As far as festival logistics go, they’re typically a nightmare. In the case of Bisco, I really couldn’t complain. The “anything goes” atmosphere allowed by the tight-but-not-too-tight security kept festivalgoers safe regardless of how they choose to have fun. Everyone on staff was helpful when help was needed; any given person would be quick to point you to where you needed to be, and when I sprained my ankle in the mud Friday night, a nice man named Scott took me on his ATV to the infirmary where they cleaned and bandaged me up and then got me back to my camp, no fuss, no muss. Volunteers were always picking up and recycling garbage, keeping the festival site clean and safe. Glass was prohibited, so you knew that your bare feet would be safe and dancefloor-ready at a whim. On Friday, it rained and the more than 20,000 feet stomping around the Indian Lookout Country Club emulsified the ground beneath into a sludge of mud and sweat. Still, not a day later, the festival coordinators had laid down a thick layer of straw across the entire campsite, effectively fixing the mud problem. Festivalgoers, do not take your hosts for granted–at least at Bisco; they’ve got your back.

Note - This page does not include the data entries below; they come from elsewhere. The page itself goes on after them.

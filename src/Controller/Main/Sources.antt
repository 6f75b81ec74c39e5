-- ===== src/Controller/Main/Sources.antt =====
-- The sources of a configuration are processed as all of their C files, one after the other.
use memory_mutation_testing.Base.{ℕ, suc, ◌≡◌, refl, sym, ◌∙◌, none, some, List, [], ◌∷◌, ◌++◌, ℤ}
use memory_mutation_testing.Base.Text.{Bytes}
use memory_mutation_testing.Base.Double.{Double}
use memory_mutation_testing.Gstats.Table.{Table}
use memory_mutation_testing.Controller.Inject.{DirEntry, path_in}
use memory_mutation_testing.Controller.Source.{Session}
use memory_mutation_testing.Controller.Source.Traversal.{
  c_files, process_files, process_files-append, process_files-one, then_rest,
  process_source_directory-eq-process_files,
}
use memory_mutation_testing.Controller.Main.{
  Found, missing, source_directory, source_file, special, process_source, process_sources,
}

-- The C files that are found for a source.
abbrev pub files_found : Bytes → Found → List (Bytes × List DirEntry)
files_found path missing = []
files_found path (source_directory none) = []
files_found path (source_directory (some ts)) = c_files path ts
files_found path (source_file entries) = (path, entries) ∷ []
files_found path special = []

-- The C files of all sources.
abbrev pub all_files : Bytes → Bytes → (ℕ → Found) → ℕ → List Bytes → List (Bytes × List DirEntry)
all_files cwd copy_put found i [] = []
all_files cwd copy_put found i (source ∷ rest) =
    files_found (path_in cwd (path_in copy_put source)) (found i)
    ++ all_files cwd copy_put found (suc i) rest

module _ (F : Double) (T : Table) (put_errors : ℤ) (cwd copy_put : Bytes) where
  process_source-eq-process_files :
      (source : Bytes) (f : Found) (session : Session F T)
      → process_source F T put_errors cwd copy_put source f session
        ≡ process_files F T put_errors cwd
            (files_found (path_in cwd (path_in copy_put source)) f)
            session
  unfolding process_source process_files
  process_source-eq-process_files source missing session = refl
  process_source-eq-process_files source (source_directory none) session = refl
  process_source-eq-process_files source (source_directory (some ts)) session =
      process_source_directory-eq-process_files F T put_errors cwd _ ts session
  process_source-eq-process_files source (source_file entries) session =
      sym (process_files-one F T put_errors cwd _ entries session)
  process_source-eq-process_files source special session = refl

  -- The loop over the sources does what one loop over all of their C files does, in the order of
  -- the sources and of the traversals of the directories, until one of them faults.
  pub process_sources-eq-process_files :
      (found : ℕ → Found) (i : ℕ) (sources : List Bytes) (session : Session F T)
      → process_sources F T put_errors cwd copy_put found i sources session
        ≡ process_files F T put_errors cwd (all_files cwd copy_put found i sources) session
  unfolding process_sources process_files
  process_sources-eq-process_files found i [] session = refl
  process_sources-eq-process_files found i (source ∷ rest) session =
      then_rest F T put_errors cwd
        (process_source F T put_errors cwd copy_put source (found i) session)
        (process_files F T put_errors cwd
          (files_found (path_in cwd (path_in copy_put source)) (found i)) session)
        (process_sources F T put_errors cwd copy_put found (suc i) rest)
        (process_files F T put_errors cwd (all_files cwd copy_put found (suc i) rest))
        (process_source-eq-process_files source (found i) session)
        (process_sources-eq-process_files found (suc i) rest)
      ∙ sym (
          process_files-append F T put_errors cwd
            (files_found (path_in cwd (path_in copy_put source)) (found i))
            (all_files cwd copy_put found (suc i) rest) session)
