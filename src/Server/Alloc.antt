-- ===== src/Server/Alloc.antt =====
-- A heap with one client more.
use ft_irc.Heap.{client, channel, Heap}
use ft_irc.Links.{Linked}
use ft_irc.Client.{new_client, Client}
use ft_irc.Heap.Quiet.{IsLiveClient}
use ft_irc.Loop.{alloc_client}
use ft_irc.Base.{◌==◌, if◌then◌else◌, Bool-cases, ℕ, ◌≡◌, refl, ◌⊎◌, inl, inr, none, [], arith}

-- A new object, and the old ones.
module _ (p : ℕ) (c : Client) (h : Heap) (free : h.client_at p ≡ none) where
  pub client-alloc : (q : ℕ) → client (alloc_client p c h) q ≡ (if p == q then c else client h q)
  unfolding client
  client-alloc q = ground arith

  pub live-alloc : (q : ℕ) → IsLiveClient h q → IsLiveClient (alloc_client p c h) q
  live-alloc q (d, e) = elim (Bool-cases (p == q)) [
    | inl same ↦ (c, ground (arith, same))
    | inr other ↦ (d, ground (arith, other, e))
  ]

  pub of_live-alloc : (q : ℕ) → IsLiveClient (alloc_client p c h) q → (p ≡ q) ⊎ IsLiveClient h q
  of_live-alloc q (d, e) = elim (Bool-cases (p == q)) [
    | inl same ↦ inl (ground (arith, same))
    | inr other ↦ inr (d, ground (arith, other, e))
  ]

  module _ (joined : c.joined_channels ≡ []) (invited : c.invited_channels ≡ []) where
    joined-alloc :
        (q : ℕ) → (client (alloc_client p c h) q).joined_channels ≡ (client h q).joined_channels
    unfolding client new_client
    joined-alloc q = elim (Bool-cases (p == q)) [
      | inl same ↦ ground (arith, same, joined)
      | inr other ↦ rw (other, client) refl
    ]

    invited-alloc :
        (q : ℕ) → (client (alloc_client p c h) q).invited_channels ≡ (client h q).invited_channels
    unfolding client new_client
    invited-alloc q = elim (Bool-cases (p == q)) [
      | inl same ↦ ground (arith, same, invited)
      | inr other ↦ rw (other, client) refl
    ]

    pub Linked-alloc : Linked h → Linked (alloc_client p c h)
    unfolding channel
    Linked-alloc l = record {
      rooms = l.rooms;
      settled = l.settled;
      member_joined = λ ch q m. rw (joined-alloc q) (l.member_joined ch q m);
      joined_member = λ q name ch e. l.joined_member q name ch (rw (joined-alloc q) at e);
      invited_both = λ ch q. rw (invited-alloc q) (l.invited_both ch q);
      keys = λ q. rw (joined-alloc q) (l.keys q);
      names = l.names;
    }
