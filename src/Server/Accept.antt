-- ===== src/Server/Accept.antt =====
-- A new connection, and the server before the first one.
use ft_irc.Server.Alloc.{client-alloc, live-alloc, of_live-alloc, Linked-alloc}
use ft_irc.Reply.{to_lower}
use ft_irc.Server.People.{Credentials, People, not_empty-to_lower, WellNamed, WellNamed-new_client}
use ft_irc.Base.{
  ℕ, ◌≡◌, ◌==◌, suc, refl, ◌∷◌, subst, true, false, none, some, inl, inr, if◌then◌else◌, Bool-cases,
  Option-cases, Text, [], List, contains, arith, if_both, ==_iff, is_empty,
}
use ft_irc.Map.{lookup, lookup-insert, insert, nat_key, text_key}
use ft_irc.Map.Each.{Each-insert, Each-map}
use ft_irc.Client.{Client, new_client}
use ft_irc.Channel.{new_channel}
use ft_irc.Heap.{client, channel}
use ft_irc.Heap.Quiet.{IsLiveClient}
use ft_irc.Links.{IsSettled-new_channel}
use ft_irc.Links.Delete.{IsRoom-new_channel}
use ft_irc.Server.{Server, PollFd}
use ft_irc.Server.Inv.{Inv, ClientEntry, Inv-shell}
use ft_irc.Loop.{accept_new_client, alloc_client, Accepted, refused, blocking, accepted}

module _ (fd : ℕ) (c : Client) (s : Server) (polls : List PollFd) where
  abbrev with_client : Server
  with_client = record s {
    poll_fds = polls;
    clients = insert fd s.next_client s.clients;
    heap = alloc_client s.next_client c s.heap;
    next_client = suc s.next_client;
  }

  module _ (v : Inv s) (unused : lookup fd s.clients ≡ none) (same_fd : c.fd ≡ fd)
      (joined : c.joined_channels ≡ []) (invited : c.invited_channels ≡ [])
      (stranger : c.is_registered ≡ false) (nameless : c.nickname ≡ []) (named : WellNamed c) where
    free_address : s.heap.client_at s.next_client ≡ none
    free_address = elim (Option-cases (s.heap.client_at s.next_client)) [
      | inl e ↦ e
      | inr live ↦ absurd (omega (arith, v.client_fresh s.next_client live))
    ]

    made_here : client with_client.heap s.next_client ≡ c
    made_here = rw (client-alloc s.next_client c s.heap free_address s.next_client) (ground arith)

    old_here : (p : ℕ) → IsLiveClient s.heap p → client with_client.heap p ≡ client s.heap p
    old_here p l =
        rw (client-alloc s.next_client c s.heap free_address p) (ground (arith, v.client_fresh p l))

    entry_here : (f p : ℕ) → ClientEntry s.heap f p → ClientEntry with_client.heap f p
    entry_here f p e =
        (live-alloc s.next_client c s.heap free_address p e.0, rw (old_here p e.0) e.1)

    listed_here :
        (p : ℕ)
        → IsLiveClient with_client.heap p
        → lookup (client with_client.heap p).fd with_client.clients ≡ some p
    listed_here p live = elim (of_live-alloc s.next_client c s.heap free_address p live) [
      | inl same ↦
          (subst
            (λ x.
              lookup (client with_client.heap x).fd (insert fd s.next_client s.clients) ≡ some x)
            same
            (rw (made_here, same_fd, lookup-insert fd fd s.next_client s.clients) (ground arith)))
      | inr old ↦
          rw (old_here p old, lookup-insert fd (client s.heap p).fd s.next_client s.clients)
            (ground (arith, v.clients_listed p old, unused))
    ]

    client_now :
        (p : ℕ) → client with_client.heap p ≡ (if s.next_client == p then c else client s.heap p)
    client_now = client-alloc s.next_client c s.heap free_address

    same_person :
        (p q : ℕ)
        → IsLiveClient with_client.heap p
        → IsLiveClient with_client.heap q
        → is_empty (if s.next_client == p then c else client s.heap p).nickname ≡ false
        → to_lower (if s.next_client == p then c else client s.heap p).nickname
          ≡ to_lower (if s.next_client == q then c else client s.heap q).nickname
        → p ≡ q
    same_person p q a b n e = elim (Bool-cases (s.next_client == p)) [
      | inl is_p ↦ absurd (ground (arith, nameless, rw is_p at n))
      | inr not_p ↦ elim (Bool-cases (s.next_client == q)) [
        | inl is_q ↦
            let m = not_empty-to_lower _ _ (rw (not_p, is_q) at e) (rw not_p at n) in
            absurd (ground (arith, nameless, m))
        | inr not_q ↦
            v.people.nicknames p q (old_live p not_p a) (old_live q not_q b) (rw not_p at n)
              (rw (not_p, not_q) at e)
      ]
    ]
      where
        old_live :
            (r : ℕ)
            → s.next_client == r ≡ false
            → IsLiveClient with_client.heap r
            → IsLiveClient s.heap r
        old_live r other l = elim (of_live-alloc s.next_client c s.heap free_address r l) [
          | inl same ↦ absurd (ground (arith, same, other))
          | inr old ↦ old
        ]

    -- No one is at the new address before.
    stranger_there : (client s.heap s.next_client).is_registered ≡ false
    unfolding client new_client
    stranger_there = rw (client, free_address) refl

    People-with_client : People with_client.heap
    People-with_client = record {
      credentials = λ p. rw (client_now p) (
          if_both Credentials (s.next_client == p) _ _ (λ e r. absurd (ground (arith, stranger, r)))
            (λ e. v.people.credentials p));
      well_named = λ p.
          rw (client_now p)
            (if_both WellNamed (s.next_client == p) _ _ (λ e. named) (λ e. v.people.well_named p));
      nicknames = λ p q a b. rw (client_now p, client_now q) (same_person p q a b);
      members_registered = λ x p m.
          let r = v.people.members_registered x p (unfold channel in m) in
          rw (client_now p) (ground (arith, r, stranger_there, ==_iff s.next_client p));
    }

    Inv-with_client : Inv with_client
    unfolding channel
    Inv-with_client = record {
      linked = Linked-alloc s.next_client c s.heap free_address joined invited v.linked;
      people = People-with_client;
      clients_in =
          Each-insert (ClientEntry with_client.heap) fd s.next_client s.clients
            (Each-map (ClientEntry s.heap) (ClientEntry with_client.heap) entry_here s.clients
              v.clients_in)
            ((c, ground arith), rw made_here same_fd);
      clients_listed = listed_here;
      channels_in = v.channels_in;
      channels_listed = v.channels_listed;
      channel_names = v.channel_names;
      client_fresh = λ p live. elim (of_live-alloc s.next_client c s.heap free_address p live) [
        | inl same ↦ omega (arith, same)
        | inr old ↦ omega (arith, v.client_fresh p old)
      ];
      channel_fresh = v.channel_fresh;
    }

-- What `accept` reports is a descriptor that no connection has.
abbrev pub IsUnused : Accepted → Server → Type 0
IsUnused refused s = Unit
IsUnused blocking s = Unit
IsUnused (accepted fd ip) s = lookup fd s.clients ≡ none

-- If the invariant holds and the descriptor of the new connection, if there is one, is not in
-- the table of connections, the invariant holds after the connection is accepted.
pub Inv-accept_new_client :
    (now : ℕ) (r : Accepted) (s : Server) → IsUnused r s → Inv s → Inv (accept_new_client now r s)
unfolding accept_new_client new_client
Inv-accept_new_client now refused s u v = Inv-shell s _ s.to_disconnected s.closing v
Inv-accept_new_client now blocking s u v = v
Inv-accept_new_client now (accepted fd ip) s u v =
    Inv-with_client fd (record (new_client fd now) { ip = ip }) s _ v u refl refl refl refl refl
      (WellNamed-new_client fd now)

-- `Server::Server` before the first connection: the listening socket, and no objects.
abbrev pub new_server : ℕ → Text → Server
new_server server_fd password = record {
  server_fd = server_fd;
  password = password;
  poll_fds = record { fd = server_fd; pollin = true; pollout = false } ∷ [];
  clients = [];
  channels = [];
  to_disconnected = [];
  closing = [];
  heap = record { client_at = λ p. none; channel_at = λ x. none };
  next_client = 0;
  next_channel = 0;
}

pub Inv-new_server : (server_fd : ℕ) (password : Text) → Inv (new_server server_fd password)
unfolding channel client new_channel new_client lookup contains
Inv-new_server server_fd password = record {
  people = record {
    credentials = λ p r. absurd (cc);
    well_named = λ p. WellNamed-new_client 0 0;
    nicknames = λ p q l. absurd (ground (arith, l.1));
    members_registered = λ x p m. absurd (cc);
  };
  linked = record {
    rooms = λ ch. IsRoom-new_channel [];
    settled = λ ch. IsSettled-new_channel [];
    member_joined = λ ch p m. absurd (ground arith);
    joined_member = λ p name ch e. absurd (cc);
    invited_both = λ ch p. refl;
    keys = λ p. tt;
    names = λ ch ch' l l' e. absurd (ground (arith, l.1));
  };
  clients_in = tt;
  clients_listed = λ p l. absurd (ground (arith, l.1));
  channels_in = tt;
  channels_listed = λ x l. absurd (ground (arith, l.1));
  channel_names = λ x l. absurd (ground (arith, l.1));
  client_fresh = λ p l. absurd (ground (arith, l.1));
  channel_fresh = λ x l. absurd (ground (arith, l.1));
}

The way I see it, most of what Bisco could improve upon in the future is facility or logistically related. As far as music festivals go, the line up is typically phenomenal and the ticket price is relatively low; you get great bang for your buck! On the other hand, I’d like to see Bisco streamline the check-in process a little bit, maybe by opening the campgrounds the day before the festival actually starts. It would surely raise ticket prices, but it may save a lot of people from fat headaches. Port-a-potties were widely available, but often under-maintained. Constant upkeep and replenishment of toiletries wouldn’t be a bad idea. Lastly, if Bisco incorporated something like mall directories interspersed throughout the campsite, maybe with schedules on the banner it would be a welcome addition, especially on the first day of the festival when people are still trying to glean the lay of the land and find their way back to their campsite–we used a Real Sociedad flag to find ours.

All in all, Camp Bisco X was a resounding success. The experience was something like taking a 3-day vacation to a fairy tale utopia. Camping alongside likeminded peers on such a beautiful plot of land and listening to a continual stream of top-tier live music couldn’t be anything less than incredible. Best of luck preparing for next year; LessThan3 hopes to see you all there!